=== The problem ===
Each line below with the string "Limits" should be copied.

=== Source data ===
----
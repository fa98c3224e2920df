-- ===== src/Storage/BTree/Insert/Around.antt =====
-- The children around the one that an insertion goes into.
use negentropy.Prelude.{
  ℕ, ◌<◌, ◌≡◌, ◌≢◌, refl, ap, sym, ◌∙◌, false, List, [], ◌∷◌, ◌++◌, length, arith, All, All-append,
  map, ◌⊎◌, inl, inr,
}
use mathlib.Core.Path.{subst}
use negentropy.Types.{Item, item_lt}
use negentropy.Storage.Vector.{insert_sorted}
use negentropy.Storage.Ordered.{has, HeadOver, Over, insert_sorted-stays}
use negentropy.Storage.BTree.{Limits, Key, NodePtr, NodeStore}
use negentropy.Storage.BTree.Shape.{
  item_of, First, Agrees, Below, Below-Agrees, Halves, Sub, Sub-Agrees, All-split,
}
use negentropy.Storage.BTree.Ids.{
  Apart, Distinct, All-map, All-both, across_back, Distinct-split, middle_Apart, Distinct-replace,
}
use negentropy.Storage.BTree.Laws.{StoreLaws}
use negentropy.Storage.BTree.Changes.{Change}
use negentropy.Storage.BTree.Insert.Outcome.{Owned}

pub First-All : (P : Item → Type 0) (u : Item) (zs : List Item) → First u zs → All P zs → P u
First-All P u [] f a = absurd f
First-All P u (z ∷ zs) f a = subst P (sym f) a.0

-- the keys of children are among the items below them
pub Below-keys :
    (l : Limits) (read : ℕ → NodePtr) (Held : ℕ → List Item → List ℕ → Type 0) (P : Item → Type 0)
    (keys : List Key) (xs : List Item) (below : List ℕ)
    → Below l read Held keys xs below
    → All P xs
    → All (λ (k : Key). P k.item) keys
Below-keys l read Held P [] xs below b a = tt
Below-keys l read Held P (k ∷ ks) xs below b a =
    let both = All-split P b.ys b.zs (subst (All P) b.items_split a) in
    (First-All P k.item b.ys b.first both.0, Below-keys l read Held P ks b.zs b.js b.others both.1)

pub HeadOver-keys :
    (u : Item) (keys : List Key)
    → All (λ (k : Key). Over u k.item) keys
    → HeadOver u (map item_of keys)
HeadOver-keys u [] a = tt
HeadOver-keys u (k ∷ ks) a = a.0

-- The first item below a key that is not above the new item stays the first.
pub First-stays :
    (v k f : Item) (ys : List Item)
    → First k ys
    → item_lt v k ≡ false
    → has v ys ≡ false
    → First f (insert_sorted v ys)
    → f ≡ k
First-stays v k f [] first h n g = absurd first
First-stays v k f (y ∷ ys) first h n g =
    let not_above : item_lt v y ≡ false = subst (λ (i : Item). item_lt v i ≡ false) first h in
    subst (First f) (insert_sorted-stays v y ys not_above n) g ∙ sym first

-- A key with another item, as the first key of its node or with the item that it had.
pub refreshed :
    (front back : List Key) (key : Key) (i : Item)
    → (front ≡ []) ⊎ (i ≡ key.item)
    → (k : Key) × (ks : List Key) × (f : Item) × (front ++ (key ∷ back) ≡ k ∷ ks)
      × (front ++ (record key { item = i } ∷ back) ≡ record k { item = f } ∷ ks)
refreshed [] back key i c = (key, back, i, refl, refl)
refreshed (q ∷ front) back key i (inl none) =
    absurd (omega (arith, ap (λ (ks : List Key). length ks) none))
refreshed (q ∷ front) back key i (inr same) = (
  q,
  front ++ (key ∷ back),
  q.item,
  refl,
  ap (λ (it : Item). q ∷ (front ++ (record key { item = it } ∷ back))) same,
)

module _ {M : Type 0} (s : NodeStore M) (l : Limits) (law : StoreLaws l s) (v : Item) (m : M)
    (depth : ℕ) (front : List Key) (key : Key) (back : List Key) (xs : List Item) (below : List ℕ)
    (c : Halves l (s.read m) (Sub l (s.read m) depth) front (key ∷ back) xs below)
    (distinct : Distinct below) (given : All (λ i. i < law.next m) below) where
  whole : below ≡ c.is ++ (c.back.is ++ c.back.js)
  whole = c.ids_split ∙ ap (◌++◌ c.is) c.back.ids_split

  pub parts_All : (P : ℕ → Type 0) → All P below → All P c.is × All P c.back.is × All P c.back.js
  parts_All P a =
      let outer = All-split P c.is (c.back.is ++ c.back.js) (subst (All P) whole a) in
      let inner = All-split P c.back.is c.back.js outer.1 in (outer.0, inner.0, inner.1)

  pub child_Distinct : Distinct c.back.is
  child_Distinct =
      (Distinct-split c.back.is c.back.js
        (Distinct-split c.is (c.back.is ++ c.back.js) (subst Distinct whole distinct)).back).front

  module _ (m1 : M) (change : Change s l law m m1 c.back.is) (new : List ℕ)
      (owned : Owned s l law v m c.back.is new m1) (new_distinct : Distinct new) where
    pub around_Owned : Owned s l law v m below (c.is ++ (new ++ c.back.js)) m1
    around_Owned = record {
      carry = λ P a fresh.
          let (pi, pm, pj) = parts_All P a in
          All-append P c.is (new ++ c.back.js) pi
            (All-append P new c.back.js (owned.carry P pm fresh) pj);
    }

    pub around_Distinct : Distinct (c.is ++ (new ++ c.back.js))
    around_Distinct =
        let (gi, gm, gj) = parts_All (λ i. i < law.next m) given in
        Distinct-replace c.is c.back.is c.back.js new (subst Distinct whole distinct) new_distinct (
          owned.carry (λ i. Apart i c.is × Apart i c.back.js)
            (middle_Apart c.is c.back.is c.back.js (subst Distinct whole distinct))
            (λ i later _. (
              All-map (λ j h e. omega (arith, h, e, later)) c.is gi,
              All-map (λ j h e. omega (arith, h, e, later)) c.back.js gj,
            )))

    untouched :
        (is : List ℕ)
        → All (λ i. Apart i c.back.is) is
        → All (λ i. i < law.next m) is
        → All (Agrees (s.read m) (s.read m1)) is
    untouched is a g = agree is (All-both (λ i. Apart i c.back.is) (λ i. i < law.next m) is a g)
      where
        agree :
            (js : List ℕ)
            → All (λ i. Apart i c.back.is × (i < law.next m)) js
            → All (Agrees (s.read m) (s.read m1)) js
        agree [] b = tt
        agree (j ∷ js) b = (change.kept j b.0.0 b.0.1, agree js b.1)

    pub front_moved : Below l (s.read m1) (Sub l (s.read m1) depth) front c.ys c.is
    front_moved =
        let outer = Distinct-split c.is (c.back.is ++ c.back.js) (subst Distinct whole distinct) in
        let apart =
          All-map (λ i a. (All-split (λ (k : ℕ). i ≢ k) c.back.is c.back.js a).0) c.is
            outer.across in
        Below-Agrees l (s.read m) (s.read m1) (Sub l (s.read m) depth) (Sub l (s.read m1) depth)
          (Sub-Agrees l (s.read m) (s.read m1) depth) front c.ys c.is
          (untouched c.is apart (parts_All (λ i. i < law.next m) given).0) c.front

    pub back_moved : Below l (s.read m1) (Sub l (s.read m1) depth) back c.back.zs c.back.js
    back_moved =
        let outer = Distinct-split c.is (c.back.is ++ c.back.js) (subst Distinct whole distinct) in
        let inner = Distinct-split c.back.is c.back.js outer.back in
        Below-Agrees l (s.read m) (s.read m1) (Sub l (s.read m) depth) (Sub l (s.read m1) depth)
          (Sub-Agrees l (s.read m) (s.read m1) depth) back c.back.zs c.back.js
          (untouched c.back.js (across_back c.back.is c.back.js inner.across)
            (parts_All (λ i. i < law.next m) given).2)
          c.back.others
----
=== Written reply ===
use negentropy.Storage.BTree.{Limits, Key, NodePtr, NodeStore}
    (l : Limits) (read : ℕ → NodePtr) (Held : ℕ → List Item → List ℕ → Type 0) (P : Item → Type 0)
module _ {M : Type 0} (s : NodeStore M) (l : Limits) (law : StoreLaws l s) (v : Item) (m : M)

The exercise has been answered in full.